━━━━━ Task inputs ━━━━━

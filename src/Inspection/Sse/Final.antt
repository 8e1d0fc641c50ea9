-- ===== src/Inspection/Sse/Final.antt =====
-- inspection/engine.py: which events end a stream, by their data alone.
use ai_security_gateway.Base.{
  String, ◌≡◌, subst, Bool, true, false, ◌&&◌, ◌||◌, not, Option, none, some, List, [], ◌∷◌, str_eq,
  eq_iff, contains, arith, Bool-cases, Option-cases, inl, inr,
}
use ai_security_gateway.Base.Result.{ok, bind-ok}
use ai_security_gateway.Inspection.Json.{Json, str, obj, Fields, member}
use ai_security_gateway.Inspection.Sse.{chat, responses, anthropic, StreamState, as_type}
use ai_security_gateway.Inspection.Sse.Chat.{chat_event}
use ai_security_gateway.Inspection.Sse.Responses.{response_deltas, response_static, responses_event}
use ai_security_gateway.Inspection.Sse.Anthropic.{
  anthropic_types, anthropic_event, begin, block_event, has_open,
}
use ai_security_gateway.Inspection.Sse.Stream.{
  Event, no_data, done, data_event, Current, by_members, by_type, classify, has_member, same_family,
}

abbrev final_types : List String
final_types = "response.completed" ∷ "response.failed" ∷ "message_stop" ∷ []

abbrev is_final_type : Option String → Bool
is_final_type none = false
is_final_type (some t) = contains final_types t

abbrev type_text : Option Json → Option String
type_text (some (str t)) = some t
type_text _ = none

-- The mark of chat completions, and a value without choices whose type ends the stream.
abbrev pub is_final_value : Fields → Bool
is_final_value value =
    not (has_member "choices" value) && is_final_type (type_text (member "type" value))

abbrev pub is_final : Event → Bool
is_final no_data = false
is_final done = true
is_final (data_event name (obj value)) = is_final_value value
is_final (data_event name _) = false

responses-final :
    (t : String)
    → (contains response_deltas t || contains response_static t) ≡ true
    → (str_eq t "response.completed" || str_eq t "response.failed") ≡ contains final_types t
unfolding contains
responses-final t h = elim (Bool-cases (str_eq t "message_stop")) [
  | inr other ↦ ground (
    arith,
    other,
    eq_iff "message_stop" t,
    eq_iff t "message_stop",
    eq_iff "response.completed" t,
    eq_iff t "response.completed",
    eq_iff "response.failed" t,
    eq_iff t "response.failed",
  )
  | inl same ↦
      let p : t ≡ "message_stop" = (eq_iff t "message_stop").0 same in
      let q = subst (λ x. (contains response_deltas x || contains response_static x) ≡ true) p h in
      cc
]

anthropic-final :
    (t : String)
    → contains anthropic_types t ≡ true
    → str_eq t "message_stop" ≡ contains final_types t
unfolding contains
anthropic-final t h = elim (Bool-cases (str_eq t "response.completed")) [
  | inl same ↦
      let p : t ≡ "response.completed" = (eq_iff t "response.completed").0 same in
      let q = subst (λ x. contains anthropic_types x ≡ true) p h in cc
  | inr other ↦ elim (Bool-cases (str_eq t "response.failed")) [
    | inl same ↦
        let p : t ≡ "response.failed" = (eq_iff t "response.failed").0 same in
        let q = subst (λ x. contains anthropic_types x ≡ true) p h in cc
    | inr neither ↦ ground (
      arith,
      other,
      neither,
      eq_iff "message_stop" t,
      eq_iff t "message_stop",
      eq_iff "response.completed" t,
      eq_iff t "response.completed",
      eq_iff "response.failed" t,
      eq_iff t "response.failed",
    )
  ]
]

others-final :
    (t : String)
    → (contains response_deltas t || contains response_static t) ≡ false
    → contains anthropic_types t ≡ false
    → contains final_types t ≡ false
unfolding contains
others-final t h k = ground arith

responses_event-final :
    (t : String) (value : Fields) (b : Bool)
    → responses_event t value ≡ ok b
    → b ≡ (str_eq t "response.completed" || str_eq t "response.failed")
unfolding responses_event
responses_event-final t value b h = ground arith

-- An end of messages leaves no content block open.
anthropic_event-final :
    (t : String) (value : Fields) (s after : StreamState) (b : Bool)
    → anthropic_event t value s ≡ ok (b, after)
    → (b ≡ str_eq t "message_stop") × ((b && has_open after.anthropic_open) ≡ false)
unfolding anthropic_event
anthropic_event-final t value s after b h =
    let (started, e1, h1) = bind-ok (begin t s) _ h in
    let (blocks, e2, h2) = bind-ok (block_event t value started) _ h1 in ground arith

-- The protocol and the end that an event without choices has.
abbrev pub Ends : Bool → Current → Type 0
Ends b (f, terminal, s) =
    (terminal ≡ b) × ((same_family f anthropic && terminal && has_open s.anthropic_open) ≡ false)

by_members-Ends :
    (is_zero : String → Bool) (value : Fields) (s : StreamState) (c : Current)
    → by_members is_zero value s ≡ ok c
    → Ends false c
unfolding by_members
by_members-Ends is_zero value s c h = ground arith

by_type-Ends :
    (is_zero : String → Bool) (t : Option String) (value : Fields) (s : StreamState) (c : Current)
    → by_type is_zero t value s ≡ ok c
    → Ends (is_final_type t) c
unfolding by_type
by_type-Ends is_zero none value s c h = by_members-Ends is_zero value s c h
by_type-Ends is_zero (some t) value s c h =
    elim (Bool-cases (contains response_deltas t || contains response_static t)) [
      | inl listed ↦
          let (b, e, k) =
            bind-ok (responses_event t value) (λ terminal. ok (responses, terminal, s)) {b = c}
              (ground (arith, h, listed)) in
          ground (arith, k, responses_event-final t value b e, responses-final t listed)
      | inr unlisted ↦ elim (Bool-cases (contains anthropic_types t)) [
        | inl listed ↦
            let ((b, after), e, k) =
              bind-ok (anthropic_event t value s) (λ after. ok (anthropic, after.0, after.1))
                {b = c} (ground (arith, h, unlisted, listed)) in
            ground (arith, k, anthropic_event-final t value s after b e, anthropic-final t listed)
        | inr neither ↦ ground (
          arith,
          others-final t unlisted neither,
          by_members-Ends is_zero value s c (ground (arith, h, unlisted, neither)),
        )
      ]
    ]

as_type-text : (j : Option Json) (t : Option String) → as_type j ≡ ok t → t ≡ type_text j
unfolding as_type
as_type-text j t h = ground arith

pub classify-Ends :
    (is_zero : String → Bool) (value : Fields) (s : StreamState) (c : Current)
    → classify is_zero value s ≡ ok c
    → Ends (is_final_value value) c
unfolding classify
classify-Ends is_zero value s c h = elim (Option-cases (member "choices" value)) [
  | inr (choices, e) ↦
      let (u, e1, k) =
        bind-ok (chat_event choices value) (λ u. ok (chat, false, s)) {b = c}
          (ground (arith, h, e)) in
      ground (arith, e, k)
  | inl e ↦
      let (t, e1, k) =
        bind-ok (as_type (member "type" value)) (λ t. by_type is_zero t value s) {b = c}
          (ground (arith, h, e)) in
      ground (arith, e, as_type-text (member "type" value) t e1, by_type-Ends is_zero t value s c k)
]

━━━━━

§ **Task directions**: In the data above, repeat exactly each line from the first through the line that contains "response_static t) ≡ true", and give nothing else.

§ **Your response**:
filename src/Inspection/Sse/Final.antt
repository 8e1d0fc641c50ea9
-- ===== src/Inspection/Sse/Final.antt =====
-- inspection/engine.py: which events end a stream, by their data alone.
use ai_security_gateway.Base.{
  String, ◌≡◌, subst, Bool, true, false, ◌&&◌, ◌||◌, not, Option, none, some, List, [], ◌∷◌, str_eq,
  eq_iff, contains, arith, Bool-cases, Option-cases, inl, inr,
}
use ai_security_gateway.Base.Result.{ok, bind-ok}
use ai_security_gateway.Inspection.Json.{Json, str, obj, Fields, member}
use ai_security_gateway.Inspection.Sse.{chat, responses, anthropic, StreamState, as_type}
use ai_security_gateway.Inspection.Sse.Chat.{chat_event}
use ai_security_gateway.Inspection.Sse.Responses.{response_deltas, response_static, responses_event}
use ai_security_gateway.Inspection.Sse.Anthropic.{
  anthropic_types, anthropic_event, begin, block_event, has_open,
}
use ai_security_gateway.Inspection.Sse.Stream.{
  Event, no_data, done, data_event, Current, by_members, by_type, classify, has_member, same_family,
}

abbrev final_types : List String
final_types = "response.completed" ∷ "response.failed" ∷ "message_stop" ∷ []

abbrev is_final_type : Option String → Bool
is_final_type none = false
is_final_type (some t) = contains final_types t

abbrev type_text : Option Json → Option String
type_text (some (str t)) = some t
type_text _ = none

-- The mark of chat completions, and a value without choices whose type ends the stream.
abbrev pub is_final_value : Fields → Bool
is_final_value value =
    not (has_member "choices" value) && is_final_type (type_text (member "type" value))

abbrev pub is_final : Event → Bool
is_final no_data = false
is_final done = true
is_final (data_event name (obj value)) = is_final_value value
is_final (data_event name _) = false

responses-final :
    (t : String)
    → (contains response_deltas t || contains response_static t) ≡ true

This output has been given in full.